Amid the controversy, political analyst David Soita Masinde has weighed in, arguing that the episode reflects deeper weaknesses in event coordination rather than a simple breach of rules by the guest.
He said the uproar was “a classic show of how bad protocol creates unnecessary drama,” adding that such mistakes are avoidable in properly managed state events.
According to Masinde, the failure begins long before any guest is seated.
“If you are running a high-level state event, the work happens at the door. You vet at the gate. You label the chairs. You direct the guests,” he said.
He criticised what he described as delayed enforcement of seating rules, arguing that corrective action becomes problematic once guests are already settled.
“You do not let a man of his profile sit down, get comfortable, and wait fifteen minutes before deciding he’s in the ‘wrong’ place,” he added.

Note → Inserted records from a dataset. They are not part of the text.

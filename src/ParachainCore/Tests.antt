-- ===== src/ParachainCore/Tests.antt =====
-- Concrete runs of the block validation (tuxedo-parachain-core/src/validate_block.rs) with the
-- parachain piece: its information is the relay parent's number.
use tuxedo.Base.{
  ℕ, ◌+◌, ◌%◌, ◌^◌, ◌&&◌, ltb, if◌then◌else◌, Bytes, true, List, [], ◌∷◌, some, length, get_elem?,
  ok, panic, ◌≡◌, refl, bytes_eq, set_of,
}
use tuxedo.Codec.{Codec, read-encode}
use tuxedo.DynamicTyping.{UtxoData, into_dynamic, extract, extract_or}
use tuxedo.DynamicTyping.Laws.{extract-into_dynamic}
use tuxedo.Types.{OutputRef, eviction, Input, Output, Transaction, is_signed}
use tuxedo.Types.Encoding.{encode_transaction}
use tuxedo.UtxoSet.{peek_utxo, consume_utxo, store_utxo}
use tuxedo.Verifier.{TestVerifier, test_verifier, verify_test}
use tuxedo.Executive.Runtime.{Runtime, Header, Block, header_key, tx_hash_of}
use tuxedo.Executive.Validation.{
  strip, strip_inputs, new_ref, payloads, block_height, has_duplicates, check_input, gather_inputs,
  gather_peeks, check_new_outputs, add_found, provided_tags, check_constraints,
  validate_tuxedo_transaction,
}
use tuxedo.Executive.Application.{consume_inputs, store_outputs, update_storage}
use tuxedo.Executive.Blocks.{open_block}
use tuxedo.Executive.Writes.{
  WritingRuntime, checker_writes, apply_with_writes, execute_extrinsic_with_writes,
  execute_extrinsics_with_writes, execute_block_with_writes,
}
use tuxedo.Parachain.{
  SetParachainInfo, ParachainError, check_previous, current_info, check_parachain_info,
}
use tuxedo.Parachain.Info.{check_parachain_info-writes}
use tuxedo.ParachainCore.{
  MemoryOptimizedValidationParams, ValidationResult, ParachainRuntime, get_relay_parent_number,
  set_relay_parent_number, opening, find_parachain, inherent_data_of, validate_validation_data,
  collect_collation_info, validate_block,
}
use tuxedo.ParachainCore.HostFunctions.{
  slice_from, slice_to, copy_from_slice, copy_into, host_read, host_read_bounds,
}
use tuxedo.ParachainCore.Validity.{Carries, IsValid, validate_block_iff}
use tuxedo.ParachainCore.Collation.{WritesInfo, AtMostOne, validate_block-collation}
use tuxedo.Samples.{Storage, empty, host, hash}
use tuxedo.Samples.Codecs.{numbers, bytes, pairs, lists, units, through}
use tuxedo.Samples.Chain.{refs, inputs_codec, outputs_codec, headers, header, owner, coin_ref}

abbrev of_info : Unit {0} → SetParachainInfo
of_info u = SetParachainInfo.set_parachain_info

of_info-tt : (c : SetParachainInfo) → of_info tt ≡ c
of_info-tt SetParachainInfo.set_parachain_info = refl

abbrev checkers : Codec SetParachainInfo
checkers = through units (λ (c : SetParachainInfo). tt) of_info of_info-tt

abbrev Tx : Type 0
Tx = Transaction TestVerifier SetParachainInfo

abbrev transactions : Codec Tx
transactions =
    through (pairs (pairs (lists inputs_codec) (lists refs)) (pairs (lists outputs_codec) checkers))
      (λ (t : Tx). ((t.inputs, t.peeks), (t.outputs, t.checker)))
      (λ (p : (List Input × List OutputRef) × (List (Output TestVerifier) × SetParachainInfo)).
        record { inputs = p.0.0; peeks = p.0.1; outputs = p.1.0; checker = p.1.1 })
      (λ (t : Tx). refl)

abbrev Chunk : Type 0
Chunk = Block TestVerifier SetParachainInfo

abbrev blocks : Codec (Chunk × Unit {0})
blocks =
    pairs
      (through (pairs headers (lists transactions)) (λ (b : Chunk). (b.header, b.extrinsics))
        (λ (p : Header × List Tx). record { header = p.0; extrinsics = p.1 }) (λ (b : Chunk). refl))
      units

abbrev info_data : UtxoData ℕ
info_data = record { codec = numbers; own_type_id = 1 ∷ [] }

abbrev number : ℕ → ℕ
number n = n

abbrev write : Storage → ℕ → Storage
write = set_relay_parent_number host numbers

abbrev core : Runtime Storage TestVerifier (Unit {0}) SetParachainInfo ParachainError
core = record {
  storage = host;
  blake2_256 = hash;
  ordered_trie_root = λ xs. length xs;
  output_refs = refs;
  inputs = inputs_codec;
  outputs = outputs_codec;
  transactions = record {
    compact = numbers;
    inputs = lists inputs_codec;
    peeks = lists refs;
    outputs = lists outputs_codec;
    checker = checkers;
  };
  bytes = bytes;
  block_numbers = numbers;
  headers = headers;
  extrinsics = lists bytes;
  verifier = test_verifier units;
  checker = record {
    check = λ s c i e p o. (check_parachain_info info_data number write s i e p o).0;
    is_inherent = λ c. true;
  };
  length-output_ref = λ r. refl;
}

abbrev executive : WritingRuntime Storage TestVerifier (Unit {0}) SetParachainInfo ParachainError
executive = record {
  core = core;
  check_writes = λ s c i e p o. (check_parachain_info info_data number write s i e p o).1;
}

abbrev parent_head : Bytes
parent_head = headers.encode header

abbrev info_output : ℕ → Output TestVerifier
info_output n = record { payload = into_dynamic info_data n; verifier = owner }

-- The parent's storage has information of the relay parent 4.
abbrev parent_state : Storage
parent_state = host.set empty (refs.encode coin_ref) (outputs_codec.encode (info_output 4))

abbrev rt :
    ParachainRuntime Storage TestVerifier (Unit {0}) SetParachainInfo ParachainError ℕ (Unit {0})
rt = record {
  executive = executive;
  numbers = numbers;
  header_hash = λ h. h.number;
  blocks = blocks;
  info_data = info_data;
  validation_data = λ n. record {
    parent_head = parent_head;
    relay_parent_number = n;
    relay_parent_storage_root = 3;
  };
  is_parachain = λ c. true;
  to_memory_db = λ proof root. some parent_state;
}

rt-WritesInfo : WritesInfo rt
rt-WritesInfo = record {
  info_written = λ s c inputs evicted peeks rest d info priority here accepted carried.
      check_parachain_info-writes info_data number write s inputs evicted peeks rest d info priority
        accepted carried;
  others_leave = λ s c inputs evicted peeks outputs other. cc;
}

abbrev carrier : Tx
carrier = record {
  inputs = record { output_ref = coin_ref; redeemer = eviction } ∷ [];
  peeks = [];
  outputs = info_output 11 ∷ [];
  checker = SetParachainInfo.set_parachain_info;
}

-- A block on the parent, whose hash is 6.
abbrev next : Chunk
next = record {
  header = record header { parent_hash = 6; number = 7; state_root = 7; extrinsics_root = 1 };
  extrinsics = carrier ∷ [];
}

next-AtMostOne : AtMostOne rt next
next-AtMostOne [] [] tx split here = tt
next-AtMostOne [] (a ∷ after) tx split here = cc
next-AtMostOne (b ∷ []) after tx split here = cc
next-AtMostOne (b ∷ c ∷ before) after tx split here = cc

abbrev params : MemoryOptimizedValidationParams
params = record {
  parent_head = parent_head;
  block_data = blocks.encode (next, tt);
  relay_parent_number = 11;
  relay_parent_storage_root = 3;
}

abbrev outcome : ValidationResult
outcome = record { head_data = headers.encode next.header; hrmp_watermark = 11 }

next-Carries : Carries rt next 11
next-Carries = (
  carrier,
  info_output 11,
  ([], [], refl, tt, refl, refl),
  refl,
  extract-into_dynamic info_data 11,
)

-- The storage that the block leaves.
abbrev left_state : Storage
left_state =
    host.clear (update_storage core (write (open_block core parent_state next.header) 11) carrier)
      header_key

executed : execute_block_with_writes executive parent_state next ≡ ok left_state
unfolding execute_block_with_writes execute_extrinsics_with_writes execute_extrinsic_with_writes
    apply_with_writes checker_writes open_block check_parachain_info check_previous current_info
    set_relay_parent_number update_storage consume_inputs store_outputs validate_tuxedo_transaction
    check_constraints has_duplicates gather_inputs check_input block_height gather_peeks
    check_new_outputs add_found strip strip_inputs new_ref payloads provided_tags tx_hash_of
    encode_transaction peek_utxo consume_utxo store_utxo into_dynamic extract bytes_eq set_of
    verify_test extract_or
executed = refl

number_left : get_relay_parent_number host numbers left_state ≡ ok 11
unfolding get_relay_parent_number set_relay_parent_number update_storage consume_inputs
    store_outputs open_block consume_utxo store_utxo new_ref tx_hash_of encode_transaction bytes_eq
    into_dynamic
number_left = refl

accepted : IsValid rt params outcome
accepted = record {
  block = next;
  proof = tt;
  parent = header;
  info = 11;
  before = parent_state;
  after = left_state;
  number = 11;
  block_read = read-encode blocks (next, tt);
  parent_read = read-encode headers header;
  follows = refl;
  carried = next-Carries;
  same_data = (refl, refl, refl);
  proved = refl;
  executed = executed;
  stored = number_left;
  reported = refl;
}

validate_example : validate_block rt params ≡ ok outcome
validate_example = (validate_block_iff rt params outcome).1 accepted

collation_example :
    (outcome.hrmp_watermark ≡ params.relay_parent_number)
    × (collect_collation_info rt left_state next.header
        ≡ ok (record { head_data = outcome.head_data; hrmp_watermark = outcome.hrmp_watermark }))
collation_example =
    validate_block-collation rt params outcome next tt parent_state left_state rt-WritesInfo
      next-AtMostOne (read-encode blocks (next, tt))
      ((validate_block_iff rt params outcome).1 accepted) executed

-- A second parachain inherent evicts the first one's output, and its number, which nothing compares
-- with the relay chain's, is the watermark.
abbrev second : Tx
second = record {
  inputs = record { output_ref = new_ref (tx_hash_of core carrier) 0; redeemer = eviction } ∷ [];
  peeks = new_ref (tx_hash_of core carrier) 0 ∷ [];
  outputs = info_output 99 ∷ [];
  checker = SetParachainInfo.set_parachain_info;
}

abbrev two_inherents : Chunk
two_inherents = record {
  header = record next.header { extrinsics_root = 2 };
  extrinsics = carrier ∷ second ∷ [];
}

second_wins :
    validate_block rt (record params { block_data = blocks.encode (two_inherents, tt) })
    ≡ ok (record { head_data = headers.encode two_inherents.header; hrmp_watermark = 99 })
unfolding validate_block inherent_data_of opening find_parachain validate_validation_data is_signed
    execute_block_with_writes execute_extrinsics_with_writes execute_extrinsic_with_writes
    apply_with_writes checker_writes open_block check_parachain_info check_previous current_info
    set_relay_parent_number get_relay_parent_number update_storage consume_inputs store_outputs
    validate_tuxedo_transaction check_constraints has_duplicates gather_inputs check_input
    block_height gather_peeks check_new_outputs add_found strip strip_inputs new_ref payloads
    provided_tags tx_hash_of encode_transaction peek_utxo consume_utxo store_utxo into_dynamic
    extract bytes_eq set_of verify_test extract_or
second_wins = refl

-- Three bytes from the second byte of a value of four.
host_read_example :
    (filled : Bytes) × (host_read (some (5 ∷ 6 ∷ 7 ∷ 8 ∷ [])) (0 ∷ 0 ∷ 0 ∷ 0 ∷ []) 1
      ≡ ok (some (4 % 2 ^ 32), filled))
    × (length filled ≡ 4)
    × ((i : ℕ)
        → get_elem? filled i ≡ (
            if ltb (1 + i) 4 && ltb i 4
            then get_elem? (5 ∷ 6 ∷ 7 ∷ 8 ∷ []) (1 + i)
            else get_elem? (0 ∷ 0 ∷ 0 ∷ 0 ∷ []) i))
host_read_example = host_read_bounds (5 ∷ 6 ∷ 7 ∷ 8 ∷ []) (0 ∷ 0 ∷ 0 ∷ 0 ∷ []) 1

-- The run itself, one with an offset past the end, and a slice past the end.
host_read_run :
    host_read (some (5 ∷ 6 ∷ 7 ∷ 8 ∷ [])) (0 ∷ 0 ∷ 0 ∷ 0 ∷ []) 1 ≡ ok (some 4, 6 ∷ 7 ∷ 8 ∷ 0 ∷ [])
unfolding host_read slice_from slice_to copy_from_slice copy_into
host_read_run = refl

host_read_past : host_read (some (5 ∷ 6 ∷ [])) (1 ∷ 2 ∷ []) 9 ≡ ok (some 2, 1 ∷ 2 ∷ [])
unfolding host_read slice_from slice_to copy_from_slice copy_into
host_read_past = refl

slice_past : slice_from (5 ∷ 6 ∷ []) 9 ≡ panic
unfolding slice_from
slice_past = refl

Masinde warned that such late interventions shift the focus from order to perception, potentially damaging the image of the organisers.
“At that point, the ‘correction’ is no longer about the rules. It’s about optics,” he noted.
The analyst further argued that removing a spouse from sitting next to their partner in a public setting risks creating unnecessary embarrassment and public backlash.
“When you evict a spouse from sitting next to their partner in public, you aren’t ‘enforcing order,’ you are broadcasting administrative incompetence,” he said.
He maintained that if seating was strictly reserved for ministers, then the error occurred at the entry stage rather than at the point of removal.
“If the seat was reserved for a Minister, the error occurred the second he was allowed to reach it,” Masinde observed.
He concluded that protocol should serve a protective role rather than a punitive one, especially during sensitive national events attended by high-profile guests.
“Protocol is a shield to protect the dignity of the state, not a weapon to embarrass guests. Fix your gates,” he said.